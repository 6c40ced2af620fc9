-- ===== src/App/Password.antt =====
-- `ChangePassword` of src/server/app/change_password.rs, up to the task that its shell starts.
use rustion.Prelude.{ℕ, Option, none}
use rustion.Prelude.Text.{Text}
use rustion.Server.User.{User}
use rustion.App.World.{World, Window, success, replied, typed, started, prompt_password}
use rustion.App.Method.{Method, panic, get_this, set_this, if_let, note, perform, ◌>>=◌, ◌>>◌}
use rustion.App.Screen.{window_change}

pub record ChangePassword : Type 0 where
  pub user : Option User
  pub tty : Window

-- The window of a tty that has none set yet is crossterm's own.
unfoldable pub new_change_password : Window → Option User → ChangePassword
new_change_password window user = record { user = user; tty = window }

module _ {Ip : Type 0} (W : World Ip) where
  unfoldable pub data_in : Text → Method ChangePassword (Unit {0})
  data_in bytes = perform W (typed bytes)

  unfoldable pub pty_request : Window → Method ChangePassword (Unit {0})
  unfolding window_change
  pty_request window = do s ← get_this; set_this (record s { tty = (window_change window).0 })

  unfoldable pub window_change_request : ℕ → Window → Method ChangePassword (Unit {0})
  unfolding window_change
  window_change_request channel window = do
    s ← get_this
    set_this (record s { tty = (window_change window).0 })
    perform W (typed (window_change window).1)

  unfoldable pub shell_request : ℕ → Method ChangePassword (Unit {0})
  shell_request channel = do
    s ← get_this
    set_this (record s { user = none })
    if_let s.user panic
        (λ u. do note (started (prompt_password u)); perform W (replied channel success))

§

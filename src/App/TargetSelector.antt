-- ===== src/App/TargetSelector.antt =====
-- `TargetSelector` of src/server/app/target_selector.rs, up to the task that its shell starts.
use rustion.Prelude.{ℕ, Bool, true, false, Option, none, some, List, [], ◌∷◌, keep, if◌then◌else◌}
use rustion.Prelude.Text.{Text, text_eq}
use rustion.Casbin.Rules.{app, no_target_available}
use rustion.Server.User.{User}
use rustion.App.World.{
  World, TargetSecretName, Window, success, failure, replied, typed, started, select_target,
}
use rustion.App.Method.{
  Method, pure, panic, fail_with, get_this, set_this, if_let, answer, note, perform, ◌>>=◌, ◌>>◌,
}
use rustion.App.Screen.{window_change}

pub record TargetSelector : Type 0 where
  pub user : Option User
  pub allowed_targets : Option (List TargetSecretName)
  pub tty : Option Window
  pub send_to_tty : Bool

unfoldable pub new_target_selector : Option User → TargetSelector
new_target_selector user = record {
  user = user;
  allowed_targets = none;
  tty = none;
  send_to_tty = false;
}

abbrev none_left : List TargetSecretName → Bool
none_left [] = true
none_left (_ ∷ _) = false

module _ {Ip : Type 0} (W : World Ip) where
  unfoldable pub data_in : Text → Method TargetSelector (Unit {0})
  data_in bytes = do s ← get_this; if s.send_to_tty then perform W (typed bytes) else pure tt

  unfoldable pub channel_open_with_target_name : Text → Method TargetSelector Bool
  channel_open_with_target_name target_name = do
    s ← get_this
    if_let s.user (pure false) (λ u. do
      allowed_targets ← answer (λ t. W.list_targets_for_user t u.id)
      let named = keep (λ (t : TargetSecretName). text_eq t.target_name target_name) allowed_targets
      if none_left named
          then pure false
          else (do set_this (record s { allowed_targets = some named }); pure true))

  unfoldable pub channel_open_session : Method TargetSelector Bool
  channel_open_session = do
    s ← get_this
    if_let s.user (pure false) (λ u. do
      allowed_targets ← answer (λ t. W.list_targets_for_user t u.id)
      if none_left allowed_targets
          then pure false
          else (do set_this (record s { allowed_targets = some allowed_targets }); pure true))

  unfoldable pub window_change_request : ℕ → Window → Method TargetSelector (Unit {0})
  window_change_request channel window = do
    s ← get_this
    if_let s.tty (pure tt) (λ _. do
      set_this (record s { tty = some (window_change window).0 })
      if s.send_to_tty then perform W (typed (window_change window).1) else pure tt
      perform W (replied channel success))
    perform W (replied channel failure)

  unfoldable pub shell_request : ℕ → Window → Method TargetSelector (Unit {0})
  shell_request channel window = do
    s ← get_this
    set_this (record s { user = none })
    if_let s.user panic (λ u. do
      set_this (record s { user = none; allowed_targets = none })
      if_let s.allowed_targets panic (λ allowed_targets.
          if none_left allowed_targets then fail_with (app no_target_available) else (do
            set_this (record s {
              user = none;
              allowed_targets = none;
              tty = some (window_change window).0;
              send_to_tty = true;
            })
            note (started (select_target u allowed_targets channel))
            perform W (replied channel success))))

§

> _TASK PROMPT_: Taking the records above, retype every line from the one with "pty_request window = do" down to the one with "(λ u. do note", exactly and with nothing else.

> _ANSWER_:
  pty_request window = do s ← get_this; set_this (record s { tty = (window_change window).0 })

  unfoldable pub window_change_request : ℕ → Window → Method ChangePassword (Unit {0})
  unfolding window_change
  window_change_request channel window = do
    s ← get_this
    set_this (record s { tty = (window_change window).0 })
    perform W (typed (window_change window).1)

  unfoldable pub shell_request : ℕ → Method ChangePassword (Unit {0})
  shell_request channel = do
    s ← get_this
    set_this (record s { user = none })
    if_let s.user panic
        (λ u. do note (started (prompt_password u)); perform W (replied channel success))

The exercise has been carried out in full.